What do Madonna, Picasso, and John Steinbeck had in common? Before today I doubt I’d have much of an answer ready either. However, looking at this Positano palace, there’s no doubt why they all stayed here
It’s customary at this point to reel off a load of numbers about the property that don’t mean anything, so let’s start with that. The property measures 500 square metres inside, with 400 square metres of garden and 140 of terrace. For reference, a doubles tennis court is about 260sqm, the Oval Office is 75, Africa is 30.37 million, a half-floor nuclear bunker apartment is about 83. Had enough of numbers? Yeah me too, let’s hear more about the property.

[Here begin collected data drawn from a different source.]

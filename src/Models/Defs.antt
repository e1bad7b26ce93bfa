-- ===== src/Models/Defs.antt =====
-- Modes, states, and the documents of the ledger.
use gpubk.Prelude.{ℕ, String, Bool, Option, List}

abbrev pub Instant : Type 0
Instant = ℕ

-- A signed whole number: `negsuc n` is -(n + 1).
pub data ℤ : Type 0 where
  pos : ℕ → ℤ
  negsuc : ℕ → ℤ

-- A JSON value under a key whose type the schema leaves open.
pub data Value : Type 0 where
  null : Value
  bool : Bool → Value
  int : ℤ → Value
  str : String → Value
  other : Value

pub data Mode : Type 0 where
  shared exclusive : Mode
  unsupported : String → Mode

pub data Status : Type 0 where
  active cancelled expired : Status

pub data JobStatus : Type 0 where
  pending claimed running succeeded failed cancelled missed timed_out interrupted uncertain :
      JobStatus

pub data CancelKind : Type 0 where
  owner administrator : CancelKind

pub record Actor : Type 0 where
  pub uid : ℕ
  pub username : String

pub record Job : Type 0 where
  pub spec_id : String
  pub digest : String
  pub summary : String
  pub status : JobStatus
  pub submitted_at : Instant
  pub claimed_at : Option Instant
  pub started_at : Option Instant
  pub finished_at : Option Instant
  pub exit_code : Option ℤ
  pub runner_pid : Option ℕ
  pub runner_host : Option String
  pub cancel_requested_at : Option Instant
  pub recovery_state : Option String
  pub message : Option String

pub record EditState : Type 0 where
  pub gpus : List ℕ
  pub mode : Mode
  pub start_at : Instant
  pub end_at : Instant
  pub expected_memory_mb : Option ℕ
  pub share_units : Option Value

pub record EditOperation : Type 0 where
  pub op_id : String
  pub signature : String
  pub at : Instant
  pub actor_uid : ℕ
  pub actor_username : String
  pub before : EditState
  pub after : EditState

pub record CancelOperation : Type 0 where
  pub op_id : String
  pub signature : String
  pub at : Instant
  pub actor_uid : ℕ
  pub actor_username : String
  pub kind : CancelKind
  pub reason : String

pub record Notification : Type 0 where
  pub id : String
  pub type : String
  pub created_at : Instant
  pub actor_uid : ℕ
  pub actor_username : String
  pub reason : String
  pub message : String

pub record Reservation : Type 0 where
  pub id : String
  pub op_id : Option String
  pub uid : ℕ
  pub username : Option String
  pub gpus : List ℕ
  pub mode : Mode
  pub start_at : Instant
  pub end_at : Instant
  pub status : Status
  pub created_at : Option Instant
  pub updated_at : Option Instant
  pub expected_memory_mb : Option ℕ
  pub share_units : Option Value
  pub operation_signature : Option String
  pub job : Option Job
  pub edit_operations : List EditOperation
  pub cancel_operation : Option CancelOperation
  pub notifications : List Notification

-- The policy that a ledger is bound to; `current.get(key)` is `none` where the key is missing.
pub record LedgerPolicy : Type 0 where
  pub version : Option ℕ
  pub gpu_count : Option ℕ
  pub max_shared_reservations_per_gpu : Option ℕ
  pub granularity_seconds : Option ℕ
  pub require_shared_memory : Option Bool
  pub shared_memory_reserve_mb : Option ℕ
  pub file_mode : Option ℕ
  pub dir_mode : Option ℕ
  pub storage_gid : Option ℕ

-- The value under the ledger's `policy` key.
pub data PolicyEntry : Type 0 where
  absent malformed : PolicyEntry
  bound : LedgerPolicy → PolicyEntry

pub record Ledger : Type 0 where
  pub reservations : List Reservation
  pub policy : PolicyEntry

pub record Blackout : Type 0 where
  pub start_at : Instant
  pub end_at : Instant
  pub reason : String

-- The fields of config.Config that the scheduler reads.
pub record Config : Type 0 where
  pub gpu_count : ℕ
  pub max_shared_users : ℕ
  pub queue_search_hours : ℕ
  pub booking_horizon_days : ℕ
  pub max_booking_duration_hours : ℕ
  pub booking_blackouts : List Blackout
  pub ledger_retention_days : ℕ
  pub require_shared_memory : Bool
  pub shared_memory_reserve_mb : ℕ
  pub file_mode : ℕ
  pub dir_mode : ℕ
  pub slot_minutes : ℕ
  pub storage_gid : Option ℕ
  pub disabled_gpus : List ℕ
  pub gpu_priority : List (ℕ × ℕ)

There’s really not much point listing the facilities. It would be more productive to outline what the property does not possess. Master suite originally build for a bishop? Check. Lemon grove? Check. Spa including pool with built-in current? Check.
Far more interesting than the property is the history that comes with it. Originally built for the local bishop during the baroque period, the villa later became home to Eduard Gillhausen, a Bauhaus Jew fleeing the Nazis. It was during this period that Pablo Picasso and John Steinbeck checked in to enjoy the view.
For those of you who want a closer look at the villa, see the Romolini website. Oh, you want an Italian tour guide? Well, luckily they have that too.
As for me, it’s 11:59 am, which in lockdown means it’s one minute away from the time to justifiably start drinking. Who knows, maybe I’m two bottles of red away from thinking I’m in Positano rather than Didcot. It’s worth a try.